The Attorney General filed a motion to dismiss the lawsuit, which is a common “first move” in civil litigation. In responding to this motion, AFLC argued the following:
“The AG’s response to the First Amended Complaint, by way of his motion to dismiss, is in large measure an argument about which alleged facts this Court should ignore or dismiss and which reasonable inferences, among competing inferences, this Court should draw. In other words, the AG invites the Court to ignore the relevant procedural standards governing the current motion. This invitation is patently improper. Indeed, the AG wants this Court to treat the alleged facts (and only certain alleged facts, as he ignores others) as individual allegations that don’t fit together as a mosaic. Thus, as the AG presents his version of the facts to this Court, he addresses each one separately, ignores or rewrites them when they are inconvenient, inserts facts that do not exist, and downplays each fact separately and out of context. In this way, the AG asks the Court to look at each tile separately and to ignore the mosaic they create. This is an invitation for error. The facts, taken together, present a “plausible” narrative of a rogue policy designed to intimidate and silence parent protestors at school board meetings, including Plaintiffs.

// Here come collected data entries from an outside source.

-- ===== src/Command/Transfer.antt =====
-- A file that one node stores at another, and gets back from it.
use crab_rs.Prelude.{ℕ, ◌≡◌, ap, ◌∙◌, String, true, false, some, ◌++◌, length, Result, ok}
use crab_rs.Prelude.Io.{Io, from, attempt}
use crab_rs.Prelude.Bytes.{Bytes}
use crab_rs.Errors.{CrabError, io}
use crab_rs.Message.{Method, MessageHeader, AckMessage, option_none}
use crab_rs.Transport.{Transport, Codec, IsReliable}
use crab_rs.Stream.{frame}
use crab_rs.Command.Files.{FileSystem, Paths, Cancellation, FileMetadata}
use crab_rs.Command.Handlers.{WriteFile, or_cancelled, handle_write_file, handle_read_file}
use crab_rs.Command.Remote.{AckEncodes}
use crab_rs.Command.Disk.{IsStore}
use crab_rs.Command.Upload.{HasPlace, handle_write_file-stores}
use crab_rs.Command.Download.{handle_read_file-sends}

module _ {W : Type 0} ⦃t : Transport W⦄ ⦃ack : Codec AckMessage⦄ (R : IsReliable t)
    {fs : FileSystem W} (S : IsStore R fs) (paths : Paths) (cmd : WriteFile)
    (cancel : Cancellation W)
    (lasts : (A : Type 0) (m : Io CrabError W A) (w : W) → or_cancelled cancel m w ≡ m w)
    (file_metadata : Codec FileMetadata) (h : MessageHeader) (peer : Method) (ack_payload : Bytes)
    (acks : AckEncodes ack ack_payload) (name : String) (no_mkdir : cmd.mkdir ≡ false)
    (named : paths.file_name cmd.path ≡ some name) where
  abbrev told : Bytes
  told = frame h.method h.option ack_payload

  -- If a file was stored by `handle_write_file`, without `overwrite`, and the disk's files are as
  -- they were left when another stream asks for the path, then `handle_read_file` sends on that
  -- stream the acknowledgement of success, the metadata with the length of the file, the
  -- acknowledgement again, and then the bytes that had arrived for the file. Both streams can be
  -- written, the peers' acknowledgements have arrived, the stored file's directory was there, with
  -- room in it, `mkdir` is not set, and no copying is cancelled.
  pub handle_read_file-handle_write_file :
      (data_bytes rest : Bytes) (encoded : FileMetadata → Bytes) (s r : W)
      → cmd.overwrite ≡ false
      → HasPlace R S paths cmd name (S.view s)
      → R.writable s ≡ true
      → R.inbox s ≡ frame peer option_none ack_payload ++ data_bytes
      → (S.view r).files ≡ (S.view (handle_write_file fs paths cmd cancel h s).1).files
      → (S.view r).dirs cmd.path ≡ false
      → ((m : FileMetadata)
          → m.filesize ≡ length data_bytes
          → file_metadata.encode m ≡ some (encoded m))
      → R.writable r ≡ true
      → R.inbox r ≡ frame peer option_none ack_payload ++ rest
      → (r' : W) × (m : FileMetadata) × (handle_read_file fs cancel file_metadata cmd.path h r
          ≡ (ok tt, r'))
        × (m.filesize ≡ length data_bytes)
        × (R.outbox r'
            ≡ (((R.outbox r ++ told) ++ frame h.method h.option (encoded m)) ++ told) ++ data_bytes)
  handle_read_file-handle_write_file data_bytes rest encoded s r o place x arrived kept no_dir enc y
        asked =
      let (s', run, stored, _, _) =
        handle_write_file-stores R S paths cmd cancel (lasts ℕ (from io fs.copy_from_stream)) h peer
          ack_payload acks name no_mkdir named data_bytes s o place x arrived in
      let there : (S.view r).files cmd.path ≡ some data_bytes =
        ap (λ files. files cmd.path) kept ∙ ap (λ p. (S.view p.1).files cmd.path) run ∙ stored in
      let (r', m, sends, size, _, out) =
        handle_read_file-sends R S cancel
          (lasts (Result CrabError ℕ) (attempt (from io fs.copy_to_stream))) file_metadata h peer
          ack_payload acks cmd.path data_bytes rest encoded r there no_dir enc y asked in
      (r', m, sends, size, out)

And while the AG may be operating on facts in a parallel universe, the Court must decide this motion as set forth in the universe of facts provided by Plaintiffs. Accordingly, Plaintiffs urge the Court to follow the legal standards applicable to a motion to dismiss—accepting all the factual allegations as true and drawing all reasonable inferences in favor of Plaintiffs’ claims. We believe that if this exercise is carried out with a detached objectivity, the Court will deny the AG’s motion.” [you can read the entire response here]
Unfortunately, the court did not follow the proper legal standard applicable to this motion. Instead, the court cherry-picked facts, credited the Attorney General’s version of the facts, and granted all reasonable inferences in the Attorney General’s favor. This is patently improper. As a result, the parents have appealed the court’s decision.

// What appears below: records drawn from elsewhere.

-- ===== src/Command/Untouched.antt =====
-- A target that a WriteFile command leaves as it is.
use crab_rs.Prelude.{ℕ, ◌≡◌, arith, String, Bool, true, some, Result, ok, err, not, ◌==◌}
use crab_rs.Prelude.Io.{
  Io, pure, raise, lift, from, attempt, ignore, branch, ◌>>=◌, ◌>>◌, >>=-eq-ok, from-eq-ok,
}
use crab_rs.Prelude.Io.Keeps.{
  Keeps, keeps_rules, Keeps-bind, Keeps-bind_at, Keeps-pure, Keeps-match_on, Keeps-attempt,
  Keeps-from, Keeps-if,
}
use crab_rs.Errors.{CrabError, io}
use crab_rs.Errors.Codes
use crab_rs.Message.{MessageHeader, AckMessage, success, from_error}
use crab_rs.Transport.{Transport, Codec}
use crab_rs.Stream.{write_message, write_error, read_ack}
use crab_rs.Stream.Keeps.{KeptByStream, read_ack-Keeps, write_message-Keeps, write_error-Keeps}
use crab_rs.Command.Files.{
  FileSystem, Paths, Cancellation, generate_temp_path, make_base_dir, is_existing_dir,
}
use crab_rs.Command.TempPath.{temp_path, generate_temp_path-eq}
use crab_rs.Command.Handlers.{
  WriteFile, or_cancelled, accept_file, create_temp_file, check_target, write_result, move_file,
  remove_unless_done, finish_write, handle_write_file,
}

-- The predicate `P` says that the target is there, and holds on as long as the target is not
-- replaced: the stream, the other operations on the file system, and the copy, which may be
-- abandoned, leave it as it is. The temporary file is not the target.
pub record IsUntouched {W : Type 0} (t : Transport W) (fs : FileSystem W) (paths : Paths)
    (cancel : Cancellation W) (cmd : WriteFile) (P : W → Type 0) : Type 0 where
  pub by_stream : KeptByStream t P
  pub by_create_dir_all : (p : String) → Keeps P (fs.create_dir_all p)
  pub by_try_exists : (p : String) → Keeps P (fs.try_exists p)
  pub by_metadata : (p : String) → Keeps P (fs.metadata p)
  pub by_copy : Keeps P (or_cancelled cancel (from io fs.copy_from_stream))
  pub by_create :
      (name : String)
      → paths.file_name cmd.path ≡ some name
      → Keeps P (fs.create_file (temp_path paths cmd name))
  pub by_remove :
      (name : String)
      → paths.file_name cmd.path ≡ some name
      → Keeps P (fs.remove_file (temp_path paths cmd name))
  pub present : (w w' : W) (b : Bool) → P w → fs.try_exists cmd.path w ≡ (ok b, w') → b ≡ true

module _ {W : Type 0} ⦃t : Transport W⦄ ⦃ack : Codec AckMessage⦄ (fs : FileSystem W) (paths : Paths)
    (cancel : Cancellation W) (cmd : WriteFile) {P : W → Type 0}
    (u : IsUntouched t fs paths cancel cmd P) where
  open u use {
    by_stream, by_create_dir_all, by_try_exists, by_metadata, by_copy, by_create, by_remove,
  }

  generate_temp_path-Keeps : Keeps P (generate_temp_path fs paths cmd.path cmd.mkdir)
  unfolding generate_temp_path make_base_dir is_existing_dir
  generate_temp_path-Keeps =
      search (keeps_rules, by_create_dir_all, by_try_exists, by_metadata) depth 9

  -- A temporary file that may be created and removed.
  abbrev IsTemp : String → Type 0
  IsTemp temp = Keeps P (fs.create_file temp) × Keeps P (fs.remove_file temp)

  generated-IsTemp :
      (temp : String) (w w' : W)
      → generate_temp_path fs paths cmd.path cmd.mkdir w ≡ (ok temp, w')
      → IsTemp temp
  generated-IsTemp temp w w' e =
      let (name, found, same) = generate_temp_path-eq fs paths cmd w w' temp e in
      rw same (by_create name found, by_remove name found)

  create_temp_file-Keeps : Keeps P (create_temp_file fs paths cmd)
  unfolding create_temp_file
  create_temp_file-Keeps =
      Keeps-bind_at (generate_temp_path fs paths cmd.path cmd.mkdir)
        (λ temp. from io (fs.create_file temp) >> pure temp) generate_temp_path-Keeps
        λ temp w v h e.
          Keeps-bind (from io (fs.create_file temp)) (λ _. pure temp)
            (Keeps-from io (fs.create_file temp) (generated-IsTemp temp w v e).0)
            (λ _. Keeps-pure temp)

  created-IsTemp :
      (temp : String) (w v : W) → create_temp_file fs paths cmd w ≡ (ok temp, v) → IsTemp temp
  unfolding create_temp_file
  created-IsTemp temp w v e =
      let create : String → Io CrabError W String =
        λ temp. from io (fs.create_file temp) >> pure temp in
      let (x, w1, e1, r1) = >>=-eq-ok (generate_temp_path fs paths cmd.path cmd.mkdir) create e in
      let (_, w2, _, r2) = >>=-eq-ok (from io (fs.create_file x)) (λ _. pure x) r1 in
      let same : x ≡ temp = ground arith in rw (← same) (generated-IsTemp x w w1 e1)

  accept_file-Keeps : (h : MessageHeader) → Keeps P (accept_file fs paths cmd h)
  unfolding accept_file
  accept_file-Keeps h = search (
    keeps_rules,
    create_temp_file-Keeps,
    write_message-Keeps by_stream,
    write_error-Keeps by_stream,
  )

  accepted :
      (h : MessageHeader) (p : Result CrabError String × W) (temp : String) (v : W)
      → branch p
          (λ temp. do write_message ack h.method h.option success; pure temp)
          (λ e. do write_error h.method h.option e; raise e)
        ≡ (ok temp, v)
      → p ≡ (ok temp, p.1)
  accepted h (ok x, w) temp v e =
      let (_, w1, _, r1) =
        >>=-eq-ok (write_message ack h.method h.option success) (λ _. pure x) e in
      ground arith
  accepted h (err x, w) temp v e =
      let stop : Io CrabError W String = raise x in
      let (_, w1, _, r1) = >>=-eq-ok (write_error h.method h.option x) (λ _. stop) e in cc r1

  accepted-IsTemp :
      (h : MessageHeader) (temp : String) (w v : W)
      → accept_file fs paths cmd h w ≡ (ok temp, v)
      → IsTemp temp
  unfolding accept_file
  accepted-IsTemp h temp w v e =
      created-IsTemp temp w _ (accepted h (create_temp_file fs paths cmd w) temp v e)

  -- With `overwrite` set the check of a target that is there fails.
  write_result-refuses :
      cmd.overwrite ≡ true
      → (copied : Result CrabError ℕ) (w v : W) → P w
      → write_result fs paths cmd copied w ≡ (ok tt, v)
      → ⊥
  unfolding write_result
  write_result-refuses o (ok size) w v h e =
      let (b, v1, e1, e2) =
        >>=-eq-ok (from io (fs.try_exists cmd.path)) (λ b. lift (check_target fs paths cmd b)) e in
      let there : b ≡ true = u.present w v1 b h (from-eq-ok io (fs.try_exists cmd.path) e1) in
      ground arith
  write_result-refuses o (err x) w v h e = cc

  remove_unless_done-Keeps :
      (temp : String) (a : AckMessage)
      → Keeps P (fs.remove_file temp)
      → Keeps P (remove_unless_done fs paths cmd temp a)
  unfolding remove_unless_done
  remove_unless_done-Keeps temp a removable =
      let remove = from io (fs.remove_file temp) in
      Keeps-if (not (a.code == Codes.no_error)) (ignore remove) (pure tt)
        (Keeps-match_on remove (λ _. pure tt) (λ _. pure tt)
          (Keeps-from io (fs.remove_file temp) removable) (λ _. Keeps-pure tt) (λ _. Keeps-pure tt))
        (Keeps-pure tt)

  finish_error-Keeps :
      (temp : String) (x : CrabError)
      → Keeps P (fs.remove_file temp)
      → Keeps P (
          move_file fs paths cmd temp (err x) >>= λ a.
          remove_unless_done fs paths cmd temp a >> pure a)
  unfolding move_file
  finish_error-Keeps temp x removable =
      let a = from_error x in
      Keeps-bind (remove_unless_done fs paths cmd temp a) (λ _. pure a)
        (remove_unless_done-Keeps temp a removable) (λ _. Keeps-pure a)

  write_result-Keeps : (copied : Result CrabError ℕ) → Keeps P (write_result fs paths cmd copied)
  unfolding write_result
  write_result-Keeps (ok size) = search (keeps_rules, by_try_exists)
  write_result-Keeps (err x) = search keeps_rules

  finish_write-Keeps :
      cmd.overwrite ≡ true
      → (temp : String) (copied : Result CrabError ℕ) → Keeps P (fs.remove_file temp)
      → Keeps P (finish_write fs paths cmd temp copied)
  unfolding finish_write
  finish_write-Keeps o temp copied removable =
      let finish : Result CrabError (Unit {0}) → Io CrabError W AckMessage = λ r.
        move_file fs paths cmd temp r >>= λ a. remove_unless_done fs paths cmd temp a >> pure a in
      Keeps-bind_at (attempt (write_result fs paths cmd copied)) finish
        (Keeps-attempt (write_result fs paths cmd copied) (write_result-Keeps copied))
        (elim [
          | ok _ ↦ λ w v h e. absurd (write_result-refuses o copied w v h (ground arith))
          | err x ↦ λ w v h e. finish_error-Keeps temp x removable
        ])

  -- `handle_write_file` from the point where the temporary file is there.
  abbrev receive : MessageHeader → String → Io CrabError W (Unit {0})
  receive h temp = do
    read_ack
    copied ← attempt (or_cancelled cancel (from io fs.copy_from_stream))
    a ← finish_write fs paths cmd temp copied
    write_message ack h.method h.option a

  receive-Keeps :
      cmd.overwrite ≡ true
      → (h : MessageHeader) (temp : String) → Keeps P (fs.remove_file temp)
      → Keeps P (receive h temp)
  receive-Keeps o h temp removable =
      let copy = or_cancelled cancel (from io fs.copy_from_stream) in
      let answer : AckMessage → Io CrabError W (Unit {0}) = write_message ack h.method h.option in
      let finish : Result CrabError ℕ → Io CrabError W (Unit {0}) =
        λ copied. finish_write fs paths cmd temp copied >>= answer in
      Keeps-bind read_ack (λ _. attempt copy >>= finish) (read_ack-Keeps by_stream)
        λ _. Keeps-bind (attempt copy) finish (Keeps-attempt copy by_copy) λ copied.
          Keeps-bind (finish_write fs paths cmd temp copied) answer
            (finish_write-Keeps o temp copied removable)
            (write_message-Keeps by_stream ack h.method h.option)

  -- With `overwrite` set, a target that is there is never replaced: a predicate that says that the
  -- target is there, and that everything but the final move leaves as it is, holds after the
  -- command if it held before, whether the command succeeds or fails.
  pub handle_write_file-overwrite :
      cmd.overwrite ≡ true → (h : MessageHeader) → Keeps P (handle_write_file fs paths cmd cancel h)
  unfolding handle_write_file
  handle_write_file-overwrite o h =
      Keeps-bind (write_message ack h.method h.option success)
        (λ _. accept_file fs paths cmd h >>= receive h)
        (write_message-Keeps by_stream ack h.method h.option success)
        λ _.
          Keeps-bind_at (accept_file fs paths cmd h) (receive h) (accept_file-Keeps h)
            λ temp w v hp e. receive-Keeps o h temp (accepted-IsTemp h temp w v e).1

AFLC Co-Founder and Senior Counsel Robert Muise, who is the lead attorney in this case, commented:
“Unfortunately, as we are witnessing on a near daily basis, the FBI has become a political police force for the progressive left. Attorney General Garland has weaponized the DOJ and is using the FBI to attack opponents of the leftist, progressive agenda. We are living in a tyrannical police state. It is going to take courageous parents and other concerned citizens to stop this destruction of our Republic. Thankfully, the parents standing up in this lawsuit possess that courage. And it is going to take leaders and government officials, including judges, with courage to stop this destruction of our Constitution. This court battle will continue because it must.”
“The thuggery of the DOJ was recently on full display when FBI agents raided the home of a pro-life speaker and dragged him away in front of his terrified and crying young children and wife. Despicable. [You can read that story here.] This clearly makes the success of our case an imperative.”